I caught a lot of slack for a cut I did on a removal. First time I've ever worked for this company and the owner was a tyrant(I can be a hard head also). It was a muli trunk ash over a house. I was using the tallest trunk to catch the others. One of the small trunks went over the house with a pronounce lean next to the chimney.
above the house I anchored the butt and tied the top of the leaner to the higher other trunk . When I started my cut and the trunk started moving, the top tie in pulled tight and cause the trunk I was cutting to change direction 90 deg. away from the house, when I cut all the way though my anchor rope caught the butt.(both ropes were controlled on the ground.) 
This freak this guy out, he started yelling at me, told me to get out of the tree..
I was almost done with the tree after that so I just finished. He hired me for that tree because he didn't think his guys could do it.
He figured it would take all day, it took me 3 hours.

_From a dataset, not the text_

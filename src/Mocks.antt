-- ===== src/Mocks.antt =====
-- internal/integrations: the in-memory stand-ins behind the ports, which local development runs with.
pub mod Github
pub mod Merged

He didn't want to pay me(I charged for the job, not by the hour).
Any one else ever use this technique or feel it was dangerous?


----------



## GLOBOTREE (Feb 13, 2011)

anyways...you got the Tree down right? so the guy freaked out? was anyone injured? was there any property damage? and did you enjoy watching some freak yell at you? things happen all the time, unexpectedly is when a second look at yourself warrants self question. If you knew this wood happen and made up for it, i wood have likely done the same, chimney was in the way.


----------



## beastmaster (Feb 13, 2011)

It did just what I know it would, and it was faster and safer. 
I sometimes invent things as I go. That wasn't my first rodeo. 
Why hire me if your not going to trust me.


----------



## TreeAce (Feb 13, 2011)

From the picture in my head of what u did it sounds like standard tree work to me. Except maybe a bit more advanced ..maybe TREE WORK 202 not 101. I used to work for a guy (The "bucket truck idiot" if u saw that thread) who would freak out about things he didnt understand. I think he was struggling to be or feel like the "alpha" male....IDK...some people are just A holes ..keep that in mind.


----------



## NCTREE (Feb 13, 2011)

Screw that guy! You did what any seasoned climber would do in that situation. You were even extra careful by butt tieing it too. The tree is down, no one hurt, chimney is still there, thats the goal. You might be right about him not wanting to pay you the full amount since you hammered that tree.After you finished the tree you should went over to him extended your hand and said "pay up sucka!" next time he calls you to do a job tell him you want double pay now to put up with his jerk attitude.


----------



## Jeffsaw (Feb 13, 2011)

beastmaster said:


> I caught a lot of slack for a cut I did on a removal. First time I've ever worked for this company and the owner was a tyrant(I can be a hard head also). It was a muli trunk ash over a house. I was using the tallest trunk to catch the others. One of the small trunks went over the house with a pronounce lean next to the chimney.
> above the house I anchored the butt and tied the top of the leaner to the higher other trunk . When I started my cut and the trunk started moving, the top tie in pulled tight and cause the trunk I was cutting to change direction 90 deg. away from the house, when I cut all the way though my anchor rope caught the butt.(both ropes were controlled on the ground.)
> This freak this guy out, he started yelling at me, told me to get out of the tree..
> I was almost done with the tree after that so I just finished. He hired me for that tree because he didn't think his guys could do it.
> ...


 
It seems like everything was controlled. Good job.


----------



## treemandan (Feb 13, 2011)

beastmaster said:


> I caught a lot of slack for a cut I did on a removal. First time I've ever worked for this company and the owner was a tyrant(I can be a hard head also). It was a muli trunk ash over a house. I was using the tallest trunk to catch the others. One of the small trunks went over the house with a pronounce lean next to the chimney.
> above the house I anchored the butt and tied the top of the leaner to the higher other trunk . When I started my cut and the trunk started moving, the top tie in pulled tight and cause the trunk I was cutting to change direction 90 deg. away from the house, when I cut all the way though my anchor rope caught the butt.(both ropes were controlled on the ground.)
> This freak this guy out, he started yelling at me, told me to get out of the tree..
> I was almost done with the tree after that so I just finished. He hired me for that tree because he didn't think his guys could do it.
> ...


 
Yes, its very dangerous thing to do and here's why: some people don't like the people they hire knowing more than them.
Its gonna be tough for ya bro but don't let em drag ya down.


----------



## treemandan (Feb 13, 2011)

And believe it or not Beast, you answered a question I had on my mind today. I was thinking if there are the same dumb ####s out there as here. 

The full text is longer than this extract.